-- ===== src/Connections/Facade.antt =====
-- server/internal/connections/facade.go: initiate, get, list, disable, delete, reconnect. A cursor
-- stands for what it decodes to.
use Prim.Native.String.{◌++◌ as text_append, ◌∷◌ as cons_text, [] as no_text}
use Prim.Native.Char.{code}
use beecon.Base.{
  ℕ, ◌+◌, String, not, Option, none, some, List, ◌∷◌, length, take, get_last?, ltb, ◌==◌, str_eq,
  if◌then◌else◌,
}
use beecon.Base.Effects.{Exec, pure, check, or_fail, ◌>>=◌, ◌>>◌}
use beecon.Base.Effects.Ports.{read, ask, query, update, fails_if}
use beecon.Connections.Types.{
  Connection, Status, connect_link_ttl, new_connection, disable, can_reconnect, prepare_reconnect,
}
use beecon.Connections.Errors.{
  err_not_found, err_redirect_uri_not_allowed, err_reconnect_not_allowed,
}
use beecon.Connections.Memory
use beecon.Connections.Memory.{ListCursor, find_by_id, update_connection, list_connections}
use beecon.Connections.Ports.{Facade, Outside, World, allows_redirect_uri, set_repo}

-- strings.TrimRight(text, "/").
unfoldable pub trim_slashes : String → String
trim_slashes no_text = ""
trim_slashes (cons_text c s) =
    let rest = trim_slashes s in
    if (code c == 47) then (if str_eq rest "" then "" else cons_text c rest) else cons_text c rest

unfoldable pub build_connect_url : String → String → String
unfolding trim_slashes
build_connect_url base_url token =
    text_append (text_append (trim_slashes base_url) "/connect/") token

pub record InitiatedConnection : Type 0 where
  pub connection : Connection
  pub redirect_url : String

unfoldable pub check_redirect_uri : Facade → ℕ → String → Exec World (Unit {0})
check_redirect_uri f org redirect_uri = do
  organization ← ask (λ tick. f.get_organization tick org)
  let uris : List String = organization.allowed_redirect_uris
  check (
      fails_if (not (allows_redirect_uri f.parse_url redirect_uri uris))
        err_redirect_uri_not_allowed)

unfoldable pub initiate : Facade → ℕ → ℕ → ℕ → String → Exec World InitiatedConnection
initiate f org user integration redirect_uri = do
  check_redirect_uri f org redirect_uri
  ask (λ tick. f.get_user tick org user)
  visible ← ask (λ tick. f.get_visible_integration tick org integration)
  id ← read f.new_id
  token ← read f.new_token
  now ← read f.now
  let connection : Connection =
      new_connection id org user integration visible.provider_slug redirect_uri token now
  update f.fault (set_repo (Memory.save connection))
  pure (record {
    connection = connection;
    redirect_url = build_connect_url f.base_url connection.connect_token;
  })

-- FindByID with its miss turned into ErrNotFound, as Get, Disable, Delete and Reconnect begin.
unfoldable pub get : Facade → ℕ → ℕ → Exec World Connection
get f org id = do
  stored ← query f.fault (λ o. find_by_id org id o.repo)
  or_fail err_not_found stored

pub record ListParams : Type 0 where
  pub user_id : Option ℕ
  pub cursor : Option ListCursor
  pub limit : ℕ

pub record ListResult : Type 0 where
  pub connections : List Connection
  pub next_cursor : Option ListCursor

abbrev default_list_limit : ℕ
default_list_limit = 50

abbrev pub max_list_limit : ℕ
max_list_limit = 200

-- A limit below 0 is 0 here: both stand for the default.
unfoldable pub normalize_list_limit : ℕ → ℕ
normalize_list_limit requested =
    if requested == 0
    then default_list_limit
    else if ltb max_list_limit requested
    then max_list_limit
    else requested

abbrev pub cursor_of : Option Connection → Option ListCursor
cursor_of none = none
cursor_of (some c) = some (record { created_at = c.created_at; id = c.id })

unfoldable pub paginate_connections : List Connection → ℕ → ListResult
paginate_connections items limit =
    if ltb limit (length items)
    then record {
      connections = take limit items;
      next_cursor = cursor_of (get_last? (take limit items));
    }
    else record { connections = items; next_cursor = none }

unfoldable pub list : Facade → ℕ → ListParams → Exec World ListResult
unfolding normalize_list_limit paginate_connections
list f org params = do
  let limit : ℕ = normalize_list_limit params.limit
  items ← query f.fault (λ o.
      list_connections org
        (record { user_id = params.user_id; cursor = params.cursor; limit = limit + 1 }) o.repo)
  pure (paginate_connections items limit)

unfoldable pub disable_connection : Facade → ℕ → ℕ → Exec World Connection
disable_connection f org id = do
  connection ← get f org id
  update f.fault (set_repo (update_connection (disable connection)))
  pure (disable connection)

unfoldable pub notify_dependents_of_deletion : Facade → ℕ → ℕ → Exec World (Unit {0})
notify_dependents_of_deletion f org id =
    if f.has_dependents
    then update f.fault (λ (o : Outside). record o { deletions = (org, id) ∷ o.deletions })
    else pure tt

unfoldable pub delete : Facade → ℕ → ℕ → Exec World (Unit {0})
delete f org id = do
  get f org id
  update f.fault (set_repo (Memory.delete org id))
  notify_dependents_of_deletion f org id

unfoldable pub reconnect : Facade → ℕ → ℕ → String → Exec World InitiatedConnection
reconnect f org id redirect_uri = do
  check_redirect_uri f org redirect_uri
  connection ← get f org id
  check (fails_if (not (can_reconnect connection)) (err_reconnect_not_allowed connection.status))
  token ← read f.new_token
  now ← read f.now
  let prepared : Connection =
      prepare_reconnect token redirect_uri (now + connect_link_ttl) connection
  update f.fault (set_repo (update_connection prepared))
  pure (record {
    connection = prepared;
    redirect_url = build_connect_url f.base_url prepared.connect_token;
  })

unfoldable pub count_by_status : Facade → Status → Exec World ℕ
count_by_status f status = query f.fault (λ o. Memory.count_by_status status o.repo)
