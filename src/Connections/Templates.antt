-- ===== src/Connections/Templates.antt =====
-- renderParamsTemplate of server/internal/connections/oauth.go. The pattern `{params.x}`, where x is
-- letters, digits and underscores, is read at each brace; its first match cannot contain another.
use Prim.Native.String.{◌++◌ as text_append, ◌∷◌ as cons_text, [] as no_text}
use Prim.Native.Char.{code}
use beecon.Base.{
  ℕ, zero, suc, ◌+◌, String, Bool, ◌&&◌, ◌||◌, Option, none, some, List, [], ◌∷◌, leb, ◌==◌, str_eq,
  if◌then◌else◌,
}

-- `[A-Za-z0-9_]`
unfoldable pub is_name_char : ℕ → Bool
is_name_char c =
    (leb 65 c && leb c 90) || (leb 97 c && leb c 122) || (leb 48 c && leb c 57) || (c == 95)

-- A run of name characters that a closing brace ends: the name, which may be empty here.
unfoldable pub name_to_brace : String → Option String
unfolding is_name_char
name_to_brace no_text = none
name_to_brace (cons_text c s) =
    let rest = name_to_brace s in
    if (code c == 125)
    then some ""
    else if is_name_char (code c)
    then elim rest [ none ↦ none | some name ↦ some (cons_text c name) ]
    else none

-- What comes after a prefix.
unfoldable pub after_prefix : String → String → Option String
after_prefix no_text s = some s
after_prefix (cons_text p ps) no_text = none
after_prefix (cons_text p ps) (cons_text c s) =
    let rest = after_prefix ps s in if (code p == code c) then rest else none

unfoldable pub text_length : String → ℕ
text_length no_text = 0
text_length (cons_text c s) = suc (text_length s)

-- `values[name]`, with whether the key is there.
unfoldable pub lookup : String → List (String × String) → Option String
lookup name [] = none
lookup name ((key, value) ∷ params) = if str_eq key name then some value else lookup name params

abbrev not_empty : Option String → Option String
not_empty none = none
not_empty (some name) = if str_eq name "" then none else some name

abbrev bind_option : {A B : Type 0} → Option A → (A → Option B) → Option B
bind_option none f = none
bind_option (some a) f = f a

-- The name of the token that a text starts with.
unfoldable pub token_at : String → Option String
unfolding after_prefix name_to_brace
token_at s = bind_option (after_prefix "{params." s) (λ rest. not_empty (name_to_brace rest))

-- What a token becomes, and how many characters after its first one it has.
unfoldable pub substitute : List (String × String) → String → Option (String × ℕ)
unfolding token_at lookup text_length
substitute params s =
    bind_option (token_at s)
      λ name. bind_option (lookup name params) λ value. some (value, text_length name + 8)

-- `skip` counts the characters that are left of a token that has been replaced.
unfoldable pub render_from : List (String × String) → ℕ → String → String
unfolding substitute
render_from params skip no_text = ""
render_from params (suc skip) (cons_text c s) = render_from params skip s
render_from params zero (cons_text c s) = elim (substitute params (cons_text c s)) [
  | none ↦ cons_text c (render_from params zero s)
  | some (value, skip) ↦ text_append value (render_from params skip s)
]

unfoldable pub render_params_template : String → List (String × String) → String
unfolding render_from
render_params_template template params = render_from params 0 template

-- -- --

**Try it**
Exact copies of the line containing "params zero s)" and of every line after it through the end of the entries are all that should be output.

**Result of the task**
  | none ↦ cons_text c (render_from params zero s)
  | some (value, skip) ↦ text_append value (render_from params skip s)
]

unfoldable pub render_params_template : String → List (String × String) → String
unfolding render_from
render_params_template template params = render_from params 0 template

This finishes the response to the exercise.